There are cities in Canada that don't have access to 50Mbps down let alone 10 up. Then there are deserts in Africa that get faster mobile data than that.

A lot of economic activity has moved online and Canada has fallen behind. More and more digital nomads out there work anywhere that has decent internet


----------



## OnlyMyOpinion (Sep 1, 2013)

I've heard there are some residences in Canada that don't have a water, sewage or natural gas connection yet. Can that be true? Maybe they can drop a fibre optics line in the trench when they run those services in.
CBC is talking about federal jobs that aren't available to some Canadians because they require access to high speed internet. I've heard there are other jobs that require you to have your own tools or even some kind of post-secondary education. When will this inequality end.


----------



## lonewolf :) (Sep 13, 2016)

OnlyMyOpinion said:


> I've heard there are some residences in Canada that don't have a water, sewage or natural gas connection yet. Can that be true? Maybe they can drop a fibre optics line in the trench when they run those services in.
> CBC is talking about federal jobs that aren't available to some Canadians because they require access to high speed internet. I've heard there are other jobs that require you to have your own tools or even some kind of post
> 
> have to be practical in a city like Toronto everyone should have access to sewer water gas power what ever. On the other extreme A single house 500 miles away from everything would not be practical. Then there is everything in between some would be practical to hook up to grid others would not.


----------



## SMK (Dec 10, 2015)

OnlyMyOpinion said:


> I've heard there are some residences in Canada that don't have a water, sewage or natural gas connection yet. Can that be true? Maybe they can drop a fibre optics line in the trench when they run those services in.
> CBC is talking about federal jobs that aren't available to some Canadians because they require access to high speed internet. I've heard there are other jobs that require you to have your own tools or even some kind of post-secondary education. When will this inequality end.


I heard there are other jobs that require you to have a car.
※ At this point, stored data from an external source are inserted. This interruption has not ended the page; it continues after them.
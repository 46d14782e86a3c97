-- ===== src/Names/Bounds.antt =====
-- Every derived name is an identifier that openGauss accepts unquoted.
use osb_opengauss_go.Prelude.{
  ℕ, suc, ◌+◌, ◌-◌, ◌*◌, ◌/◌, ◌%◌, ◌≤◌, ◌<◌, ◌≡◌, refl, true, [], ◌∷◌, ◌++◌, Text, arith, ltb,
  Bool-cases, inl, inr, length, length-append, length-take, take, filter, All, All-append, All-take,
  pos, sub_ℕ,
}
use osb_opengauss_go.Result.{ok}
use osb_opengauss_go.Names.{Hash, hex_digit, encode_hex, short_hash, is_name_byte, cut, name_or}

-- a lower-case letter, a digit or an underscore
abbrev pub IsNameByte : ℕ → Type 0
IsNameByte c = is_name_byte c ≡ true

-- The identifiers of at most `n` bytes that need no quotes.
abbrev pub IsIdentifier : ℕ → Text → Type 0
IsIdentifier n [] = ⊥
IsIdentifier n (c ∷ s) = (b'a' ≤ c) × (c ≤ b'z') × All IsNameByte s × (suc (length s) ≤ n)

pub filter-IsNameByte : (s : Text) → All IsNameByte (filter is_name_byte s)
filter-IsNameByte [] = tt
filter-IsNameByte (c ∷ s) = elim (Bool-cases (is_name_byte c)) [
  | inl keep ↦ rw keep (keep, filter-IsNameByte s)
  | inr drop ↦ rw drop (filter-IsNameByte s)
]

-- What is kept of a custom name fits its budget, and holds no byte that an identifier cannot.
pub cut-length :
    (s : Text) (n : ℕ)
    → All IsNameByte s
    → (t : Text) × (cut s (pos n) ≡ ok t) × All IsNameByte t × (length t ≤ n)
unfolding cut
cut-length s n h = elim (Bool-cases (ltb n (length s))) [
  | inl long ↦ (take n s, rw long, All-take _ n s h, omega (arith, length-take n s))
  | inr short ↦ (s, rw short, h, ground arith)
]

hex_digit-IsNameByte : (d : ℕ) → d < 16 → IsNameByte (hex_digit d)
unfolding hex_digit is_name_byte
hex_digit-IsNameByte d h = ground arith

encode_hex-IsNameByte : (s : Text) → All (λ b. b < 256) s → All IsNameByte (encode_hex s)
unfolding encode_hex
encode_hex-IsNameByte [] h = tt
encode_hex-IsNameByte (b ∷ s) (hb, hs) = (
  hex_digit-IsNameByte (b / 16) (omega arith),
  (hex_digit-IsNameByte (b % 16) (omega arith), encode_hex-IsNameByte s hs),
)

length-encode_hex : (s : Text) → length (encode_hex s) ≡ 2 * length s
unfolding encode_hex
length-encode_hex [] = refl
length-encode_hex (b ∷ s) = omega (arith, length-encode_hex s)

module _ (h : Hash) (id : Text) where
  short_hash-IsNameByte : All IsNameByte (short_hash h id)
  unfolding short_hash
  short_hash-IsNameByte = encode_hex-IsNameByte _ (All-take _ 6 (h.sum256 id) (h.bytes-sum256 id))

  length-short_hash : length (short_hash h id) ≡ 12
  unfolding short_hash
  length-short_hash = omega (
    arith,
    length-encode_hex (take 6 (h.sum256 id)),
    length-take 6 (h.sum256 id),
    h.length-sum256 id,
  )

  pub name_or-bounds :
      (name : Text) (n : ℕ)
      → All IsNameByte name
      → length name ≤ n
      → 12 ≤ n
      → All IsNameByte (name_or name (short_hash h id))
        × (length (name_or name (short_hash h id)) ≤ n)
  unfolding name_or
  name_or-bounds [] n hn fits room = (short_hash-IsNameByte, omega (arith, length-short_hash))
  name_or-bounds (c ∷ s) n hn fits room = (hn, fits)

pub IsIdentifier-append :
    (m n : ℕ) (s t : Text)
    → IsIdentifier m s
    → All IsNameByte t
    → length s + length t ≤ n
    → IsIdentifier n (s ++ t)
IsIdentifier-append m n [] t hs ht fits = absurd hs
IsIdentifier-append m n (c ∷ s) t (lo, hi, rest, _) ht fits =
    (lo, hi, All-append _ s t rest ht, omega (arith, length-append s t))

pub length-IsIdentifier : (m : ℕ) (s : Text) → IsIdentifier m s → length s ≤ m
length-IsIdentifier m [] h = absurd h
length-IsIdentifier m (c ∷ s) (_, _, _, fits) = fits

pub IsIdentifier-weaken : (m n : ℕ) (s : Text) → IsIdentifier m s → m ≤ n → IsIdentifier n s
IsIdentifier-weaken m n [] h le = absurd h
IsIdentifier-weaken m n (c ∷ s) (lo, hi, rest, fits) le = (lo, hi, rest, omega arith)

-- the budget that is left for a name
pub budget : (p k : ℕ) → p + k ≤ 63 → sub_ℕ 63 (p + k) ≡ pos (63 - (p + k))
budget p k h = ground arith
When will the automobile dependency end?


----------



## Eclectic12 (Oct 20, 2010)

OnlyMyOpinion said:


> I've heard there are some residences in Canada that don't have a water, sewage or natural gas connection yet. Can that be true? Maybe they can drop a fibre optics line in the trench when they run those services in ...


Yes, they do exist ... there was talk thirty + years ago about running sewers but as the growth has been in other areas, as of this summer - no water, no sewer and no natural gas. Those that setup propane have tanks where like the water, trucks deliver it.




lonewolf :) said:


> ,.. have to be practical in a city like Toronto everyone should have access to sewer water gas power what ever. On the other extreme A single house 500 miles away from everything would not be practical ...


I'd have to count but there's at least six houses in about three hundred feet. There's lots more on the about five mile stretch to where water, sewers and natural gas are there.


Cheers


----------



## carverman (Nov 8, 2010)

and you have to wonder why..with Ontario Hydro One raising the rates so high (delivery etc) that the Federal gov't isn't declaring that having lights and power to run your fridge and furnace isn't "basic essentials" as well.

Without basic (and affordable) electricity, you can forget about any high speed internet.
Mme Wynne and her stooges are going to take us down that road soon, I'm sure.


----------



## indexxx (Oct 31, 2011)

too bad they can't mandate internet and cell phone rates...


----------



## carverman (Nov 8, 2010)

indexxx said:


> too bad they can't mandate internet and cell phone rates...


A couple years back the CRTC did put some restrictions on cell phone providers to ease up with customers that wanted to cancel their contracts due to steep ripoff rates being charged when they accepted the "free phone" deal. 

That cRTC decision allowed cell phone users to cancel their contracts after 2 years, rather than be bound to servitude for 3 years as the BIG THREE had setup fat lucrative contracts that always ended up in their favour.

That was a good move for consumers, because now, you can get out of pretty much most contracts
after 2 years without paying big penalties even with a "free phone" included. 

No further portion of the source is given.